Teaching Employees Ethics Can Transform Your Service Model
Imagine this scenario – You just finished training your employees in the fine art of “the customer is always right.” You’ve gone over role play scenarios, offered advice about how to handle various customer disputes, and given your technicians and office staff what you think are fail-proof methods to enhance your customer service quality. As you come back from lunch, you overhear the receptionist shrieking at a customer and see her hang up on the person.
You can train employees until you’re blue in the face, but there is no possible way to figure out every single customer service scenario they might encounter. This is especially true with technicians out in the field, who might encounter just about anything. That’s why it is more important to train them in the ethics and philosophies of your company. You can use role playing situations, modeling and many other techniques, which I’ll outline in this article along with a common sense approach to teaching field techs and office staff to treat customers the way the owner would.
The Hidden Problem with Poor Customer Service
Typically, a business only hears from 4% of customers who aren’t satisfied. That means there are 96% who don’t complain. Instead, they won’t come back to you the next time they need your type of services and they won’t tell their friends to use your services. When you stop and think about the costs involved in obtaining a customer, you realize how important it is to retain each and every one.
Before you can train others in what the philosophy and ethics of your company are, you have to define them for yourself. Answer the following questions to get a better idea of what you believe about your company and your customer:
- Why do I do what I do?
- How does what I do help others?
- What is the one thing I hope people say about my company?
- What causes are important to me?
- How would I want my mother/sister to be treated by a similar company?
- What is my competition doing and how can I go above and beyond with my customer service.
Once you’ve answered those four questions, you’ll have the basis for why you do what you do and how you want your customers to be treated.
Training Employees in Philosophy and Ethics
Ethics is one of those things that can be difficult to define, but defining your company ethics is a great toolkit to provide your employees with so they know what is expected of them and what you won’t tolerate. In order to write up an ethics manual, you have to really know each and every job within your company and the situations employees might face.
For example, what should your technicians do if they are in the middle of a job and a domestic dispute arises between husband and wife? This type of situation can be extremely touchy, because getting involved in a simple argument isn’t wise, but if someone is being physically abused then it is a dangerous situation for everyone there.
Some clear steps you need to take to ensure employees are well trained:
- Write up a code of ethics manual of dos and don’ts and distribute to every employee.

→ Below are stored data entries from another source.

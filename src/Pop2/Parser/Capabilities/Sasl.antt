-- ===== src/Pop2/Parser/Capabilities/Sasl.antt =====
-- The mechanisms of the capability SASL: a list with spaces between its elements.
use getemail.Base.{
  ℕ, ◌≡◌, ◌≢◌, ◌<◌, refl, sym, subst, ◌∙◌, inl, inr, Bool, true, List, [], ◌∷◌, ◌++◌, Bytes, codes,
  arith, length, append_assoc, Bool-cases, lower,
}
use getemail.Pop2.Env.{IResult, done, incomplete, error, failure}
use getemail.Pop2.Nom.{Nom, Parser, ◌>>=◌, and_then}
use getemail.Pop2.Nom.Laws.{
  LawfulPrimitives, LawfulCombinators, is_space, taken_while, taken_while1, cons,
}
use getemail.Pop2.Parser.Rfc2449.{sasl_mechanism}
use getemail.Pop2.Parser.Streams.{Streams}
use getemail.Pop2.Parser.Primitives.{StopsAt}
use getemail.Pop2.Parser.Choices.{Goes, AllSkip, Goes-here, Goes-behind}
use getemail.Pop2.Parser.Keywords.{all_apart, apart, apart_behind, Skips-tag_no_case}
use getemail.Pop2.Parser.Capabilities.{Streams-tag_no_case}

pub data Mechanism : Type 0 where
  kerberos_v4 gssapi skey cram_md5 plain xoauth2 oauthbearer : Mechanism

abbrev pub mechanism_name : Mechanism → Bytes
mechanism_name kerberos_v4 = codes "KERBEROS_V4"
mechanism_name gssapi = codes "GSSAPI"
mechanism_name skey = codes "SKEY"
mechanism_name cram_md5 = codes "CRAM-MD5"
mechanism_name plain = codes "PLAIN"
mechanism_name xoauth2 = codes "XOAUTH2"
mechanism_name oauthbearer = codes "OAUTHBEARER"

abbrev pub IsMechanism : Bytes → Type 0
IsMechanism m = (k : Mechanism) × (m ≡ mechanism_name k)

abbrev pub AllMechanisms : List Bytes → Type 0
AllMechanisms [] = Unit {0}
AllMechanisms (m ∷ ms) = IsMechanism m × AllMechanisms ms

abbrev pub spaced : List Bytes → Bytes
spaced [] = []
spaced (m ∷ ms) = codes " " ++ (m ++ spaced ms)

module _ (p : ℕ → Bool) where
  -- Bytes are not taken up to the end of the input.
  taken_while_stops : (input left found : Bytes) → taken_while p input ≡ done left found → left ≢ []
  taken_while_stops [] left found e = absurd (cc)
  taken_while_stops (c ∷ input) left found e = elim (Bool-cases (p c)) [
    | inl h ↦ behind (taken_while p input) (taken_while_stops input) (rw h at e)
    | inr h ↦ λ none_left. stopped (rw h at e) none_left
  ]
    where
      behind :
          (r : IResult Bytes)
          → ((left found : Bytes) → r ≡ done left found → left ≢ [])
          → and_then r (λ found rest. cons c rest found) ≡ done left found
          → left ≢ []
      behind (done rest more) ih e = ih left more (ap_done e)
        where
          ap_done : done rest (c ∷ more) ≡ done left found → done rest more ≡ done left more
          ap_done e = cc
      behind (incomplete needed) ih e = absurd (cc)
      behind error ih e = absurd (cc)
      behind failure ih e = absurd (cc)

      stopped : done (c ∷ input) [] ≡ done left found → left ≡ [] → ⊥
      stopped e none_left = cc

  taken_while1_stops :
      (input left found : Bytes) → taken_while1 p input ≡ done left found → left ≢ []
  taken_while1_stops [] left found e = absurd (cc)
  taken_while1_stops (c ∷ input) left found e = elim (Bool-cases (p c)) [
    | inl h ↦ taken_while_stops (c ∷ input) left found (rw h (rw h at e))
    | inr h ↦ absurd (no_error (rw h at e))
  ]
    where
      no_error : error ≡ done left found → ⊥
      no_error e = cc

module _ {A B : Type 0} where
  -- The second parser is asked about input that has begun only.
  pub Streams-begun :
      (p : Parser A) (f : A → Parser B) (t u tail : Bytes) (a : A) (b : B)
      → Streams p t (u ++ tail) a
      → ((part left : Bytes) (x : A) → p part ≡ done left x → left ≢ [])
      → Goes (f a) u tail b
      → Streams (p >>= f) (t ++ u) tail b
  Streams-begun p f t u tail a b s stops g = record {
    whole = rw (append_assoc t u tail, s.whole) g.whole;
    cut = λ part more e ne. elim (s.cut part more (sym (append_assoc t u tail) ∙ e) ne) [
      | inl (needed, w, h) ↦ inl (needed, rw w refl, h)
      | inr (left, split, d) ↦ elim (g.cut left more split (stops part left a d) ne) [
        | inl (needed, w, h) ↦ inl (needed, rw d w, h)
        | inr (left', split', d') ↦ inr (left', split', rw d d')
      ]
    ];
  }

  pub Goes-bind :
      (p : Parser A) (f : A → Parser B) (t u tail : Bytes) (a : A) (b : B)
      → Goes p t (u ++ tail) a
      → Streams (f a) u tail b
      → Goes (p >>= f) (t ++ u) tail b
  Goes-bind p f t u tail a b g s = record {
    whole = rw (append_assoc t u tail, g.whole) s.whole;
    cut = λ part more e begun ne.
        elim (g.cut part more (sym (append_assoc t u tail) ∙ e) begun ne) [
          | inl (needed, w, h) ↦ inl (needed, rw w refl, h)
          | inr (left, split, d) ↦ elim (s.cut left more split ne) [
            | inl (needed, w, h) ↦ inl (needed, rw d w, h)
            | inr (left', split', d') ↦ inr (left', split', rw d d')
          ]
        ];
  }

module _ (nom : Nom) (prims : LawfulPrimitives nom) (combs : LawfulCombinators nom) where
  open prims use {space0-eq, space1-eq}
  open combs use {
    separated-last, separated-next, separated-wait, separated-wait_item, separated-wait_separator,
  }

  unfoldable tags : List Bytes → List (Parser Bytes)
  tags [] = []
  tags (t ∷ ts) = nom.tag_no_case t ∷ tags ts

  AllSkip-tags :
      (ts : List Bytes) (w rest : Bytes) → all_apart ts w ≡ true → AllSkip (tags ts) (w ++ rest)
  unfolding tags
  AllSkip-tags [] w rest h = tt
  AllSkip-tags (t ∷ ts) w rest h = (
    Skips-tag_no_case nom prims t w rest (ground (arith, h)),
    AllSkip-tags ts w rest (ground (arith, h)),
  )

  Goes-tags :
      (ts us : List Bytes) (t tail : Bytes)
      → all_apart ts t ≡ true
      → Goes (nom.alt (tags ts ++ (nom.tag_no_case t ∷ tags us))) t tail t
  Goes-tags ts us t tail h =
      Goes-behind nom combs (tags ts) (nom.tag_no_case t) (tags us) (AllSkip-tags ts t tail h) (
        Goes-here nom combs (nom.tag_no_case t) (tags us)
          (Streams-tag_no_case nom prims combs t tail))

  Goes-mechanism_name :
      (k : Mechanism) (tail : Bytes)
      → Goes (sasl_mechanism nom) (mechanism_name k) tail (mechanism_name k)
  unfolding sasl_mechanism tags apart apart_behind lower
  Goes-mechanism_name kerberos_v4 tail =
      Goes-tags ([])
        (codes "GSSAPI"
          ∷ codes "SKEY"
          ∷ codes "CRAM-MD5"
          ∷ codes "PLAIN"
          ∷ codes "XOAUTH2"
          ∷ codes "OAUTHBEARER"
          ∷ [])
        (codes "KERBEROS_V4") tail refl
  Goes-mechanism_name gssapi tail =
      Goes-tags (codes "KERBEROS_V4" ∷ [])
        (codes "SKEY"
          ∷ codes "CRAM-MD5"
          ∷ codes "PLAIN"
          ∷ codes "XOAUTH2"
          ∷ codes "OAUTHBEARER"
          ∷ [])
        (codes "GSSAPI") tail refl
  Goes-mechanism_name skey tail =
      Goes-tags (codes "KERBEROS_V4" ∷ codes "GSSAPI" ∷ [])
        (codes "CRAM-MD5" ∷ codes "PLAIN" ∷ codes "XOAUTH2" ∷ codes "OAUTHBEARER" ∷ [])
        (codes "SKEY") tail refl
  Goes-mechanism_name cram_md5 tail =
      Goes-tags (codes "KERBEROS_V4" ∷ codes "GSSAPI" ∷ codes "SKEY" ∷ [])
        (codes "PLAIN" ∷ codes "XOAUTH2" ∷ codes "OAUTHBEARER" ∷ []) (codes "CRAM-MD5") tail refl
  Goes-mechanism_name plain tail =
      Goes-tags (codes "KERBEROS_V4" ∷ codes "GSSAPI" ∷ codes "SKEY" ∷ codes "CRAM-MD5" ∷ [])
        (codes "XOAUTH2" ∷ codes "OAUTHBEARER" ∷ []) (codes "PLAIN") tail refl
  Goes-mechanism_name xoauth2 tail =
      Goes-tags
        (codes "KERBEROS_V4"
          ∷ codes "GSSAPI"
          ∷ codes "SKEY"
          ∷ codes "CRAM-MD5"
          ∷ codes "PLAIN"
          ∷ [])
        (codes "OAUTHBEARER" ∷ []) (codes "XOAUTH2") tail refl
  Goes-mechanism_name oauthbearer tail =
      Goes-tags
        (codes "KERBEROS_V4"
          ∷ codes "GSSAPI"
          ∷ codes "SKEY"
          ∷ codes "CRAM-MD5"
          ∷ codes "PLAIN"
          ∷ codes "XOAUTH2"
          ∷ [])
        ([]) (codes "OAUTHBEARER") tail refl

  pub Goes-mechanism : (m tail : Bytes) → IsMechanism m → Goes (sasl_mechanism nom) m tail m
  Goes-mechanism m tail (k, e) = subst (λ m. Goes (sasl_mechanism nom) m tail m) (sym e) (named k)
    where
      named : (k : Mechanism) → Goes (sasl_mechanism nom) (mechanism_name k) tail (mechanism_name k)
      named k = Goes-mechanism_name k tail

  pub space1_stops : (input left found : Bytes) → nom.space1 input ≡ done left found → left ≢ []
  space1_stops input left found e =
      taken_while1_stops is_space input left found (sym (space1-eq input) ∙ e)

  pub space0_stops : (input left found : Bytes) → nom.space0 input ≡ done left found → left ≢ []
  space0_stops input left found e =
      taken_while_stops is_space input left found (sym (space0-eq input) ∙ e)

  pub mechanism_begins : (m rest : Bytes) → IsMechanism m → StopsAt is_space (m ++ rest)
  mechanism_begins m rest (k, e) = subst (λ m. StopsAt is_space (m ++ rest)) (sym e) (begins k)
    where
      begins : (k : Mechanism) → StopsAt is_space (mechanism_name k ++ rest)
      begins kerberos_v4 = refl
      begins gssapi = refl
      begins skey = refl
      begins cram_md5 = refl
      begins plain = refl
      begins xoauth2 = refl
      begins oauthbearer = refl

  pub length_mechanism : (m : Bytes) → IsMechanism m → 0 < length m
  length_mechanism m (k, e) = subst (λ m. 0 < length m) (sym e) (named k)
    where
      named : (k : Mechanism) → 0 < length (mechanism_name k)
      named kerberos_v4 = omega arith
      named gssapi = omega arith
      named skey = omega arith
      named cram_md5 = omega arith
      named plain = omega arith
      named xoauth2 = omega arith
      named oauthbearer = omega arith
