-- ===== src/Pop2/Parser/Capabilities/Stated.antt =====
-- What a server states of its capabilities, and how it is written.
use getemail.Base.{
  ℕ, ◌≡◌, ◌≤◌, refl, inl, inr, true, List, [], ◌∷◌, ◌++◌, Bytes, codes, arith, length,
  length-append, Bool-cases, IsLine, ◌==◌,
}
use getemail.Base.Decimal.{is_digit}
use getemail.Pop2.Response.{Capability}
use getemail.Pop2.Nom.Laws.{is_in}
use getemail.Pop2.Parser.Rfc2449.{name_chars}
use getemail.Pop2.Parser.Lines.{crlf}
use getemail.Pop2.Parser.Primitives.{StopsAt}
use getemail.Pop2.Parser.Stats.{Some, length-Some}
use getemail.Pop2.Parser.Keywords.{all_apart}
use getemail.Pop2.Parser.Capabilities.Sasl.{AllMechanisms, spaced}
use getemail.Pop2.Parser.Capabilities.{period, IsPeriod}

-- The keywords, in the order in which they are tried.
abbrev pub keywords : List Bytes
keywords =
    codes "TOP"
    ∷ codes "USER"
    ∷ codes "RESP-CODES"
    ∷ codes "SASL"
    ∷ codes "LOGIN-DELAY"
    ∷ codes "PIPELINING"
    ∷ codes "EXPIRE"
    ∷ codes "UIDL"
    ∷ codes "IMPLEMENTATION"
    ∷ codes "STLS"
    ∷ []

-- A capability as a line.
abbrev pub capability_text : Capability → Bytes
capability_text Capability.top = codes "TOP" ++ crlf
capability_text Capability.user = codes "USER" ++ crlf
capability_text (Capability.sasl mechanisms) = codes "SASL" ++ (spaced mechanisms ++ crlf)
capability_text Capability.resp_codes = codes "RESP-CODES" ++ crlf
capability_text (Capability.login_delay d) =
    codes "LOGIN-DELAY" ++ (codes " " ++ (d.inner.inner ++ crlf))
capability_text Capability.pipelining = codes "PIPELINING" ++ crlf
capability_text (Capability.expire e) = codes "EXPIRE" ++ ((codes " " ++ period e) ++ crlf)
capability_text Capability.uidl = codes "UIDL" ++ crlf
capability_text (Capability.implementation text) = codes "IMPLEMENTATION" ++ (text.inner ++ crlf)
capability_text Capability.stls = codes "STLS" ++ crlf
capability_text (Capability.other text) = text.inner ++ crlf

-- What a server may state of a capability: SASL with mechanisms that the parser knows, and another name only if
-- it begins like no keyword.
abbrev pub IsStated : Capability → Type 0
IsStated (Capability.sasl []) = ⊥
IsStated (Capability.sasl (m ∷ ms)) = AllMechanisms (m ∷ ms)
IsStated (Capability.login_delay d) = Some is_digit d.inner.inner × (d.to_secs_multiplier ≡ 1)
IsStated (Capability.expire e) = IsPeriod e
IsStated (Capability.implementation text) = IsLine text.inner
IsStated (Capability.other text) =
    Some (is_in name_chars) text.inner × (all_apart keywords (text.inner ++ crlf) ≡ true)
IsStated _ = Unit {0}

name_no_dot :
    (name rest : Bytes)
    → Some (is_in name_chars) name
    → StopsAt (λ x. x == b'.') ((name ++ crlf) ++ rest)
name_no_dot [] rest h = absurd h
name_no_dot (c ∷ name) rest h = elim (Bool-cases (c == b'.')) [
  | inl e ↦ absurd (dot_no_name c (ground (arith, e)) h.0)
  | inr e ↦ e
]
  where
    dot_no_name : (c : ℕ) → c ≡ b'.' → is_in name_chars c ≡ true → ⊥
    dot_no_name c e h = cc

pub length-capability_text : (c : Capability) → IsStated c → 3 ≤ length (capability_text c)
length-capability_text (Capability.other text) h =
    omega (arith, length-append text.inner crlf, length-Some (is_in name_chars) text.inner h.0)
length-capability_text (Capability.sasl mechanisms) h = omega arith
length-capability_text Capability.top h = omega arith
length-capability_text Capability.user h = omega arith
length-capability_text Capability.resp_codes h = omega arith
length-capability_text (Capability.login_delay d) h = omega arith
length-capability_text Capability.pipelining h = omega arith
length-capability_text (Capability.expire e) h = omega arith
length-capability_text Capability.uidl h = omega arith
length-capability_text (Capability.implementation text) h = omega arith
length-capability_text Capability.stls h = omega arith

pub capability_no_dot :
    (c : Capability) (rest : Bytes)
    → IsStated c
    → StopsAt (λ x. x == b'.') (capability_text c ++ rest)
capability_no_dot (Capability.other text) rest h = name_no_dot text.inner rest h.0
capability_no_dot (Capability.sasl mechanisms) rest h = refl
capability_no_dot Capability.top rest h = refl
capability_no_dot Capability.user rest h = refl
capability_no_dot Capability.resp_codes rest h = refl
capability_no_dot (Capability.login_delay d) rest h = refl
capability_no_dot Capability.pipelining rest h = refl
capability_no_dot (Capability.expire e) rest h = refl
capability_no_dot Capability.uidl rest h = refl
capability_no_dot (Capability.implementation text) rest h = refl
capability_no_dot Capability.stls rest h = refl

- Hold an information session and go over the dos and don’ts. Allow employees to ask any questions they might have.
- Conduct ongoing training and offer role play situations so that employees can practice handling different scenarios.
- Address ethics violations quickly and with a clear set of criteria with which you handle them (verbal warning, written warning, time off, etc.).
Once you’ve explained how you want customers treated and your goals as a company, encourage employees to actively put these principles into practice with customers. Check in with you technicians to find out how things are going and if they feel they are able to implement the company ethics effectively. Taking the time to do so will show how much you value customer service and doing the right thing by the customer.
Set the Tone as the Owner/Leader
One of the biggest reasons companies fail in ethics training is the company leaders not modeling the ethics themselves. It is important that the same rules apply to everyone. If you have one manager who loses her cool and screams at employees who make a mistake, then employees may think there are no consequences for such behavior and may scream at a customer when frustrated.
Novarete, a leader in training companies have to have a strong culture, pointed out: “If you want your employees to make decisions with a strong set of values, you have to be the best example of what ethical decision-making looks like.”
As a leader, any change in the company is going to start with you and trickle its way down through the company.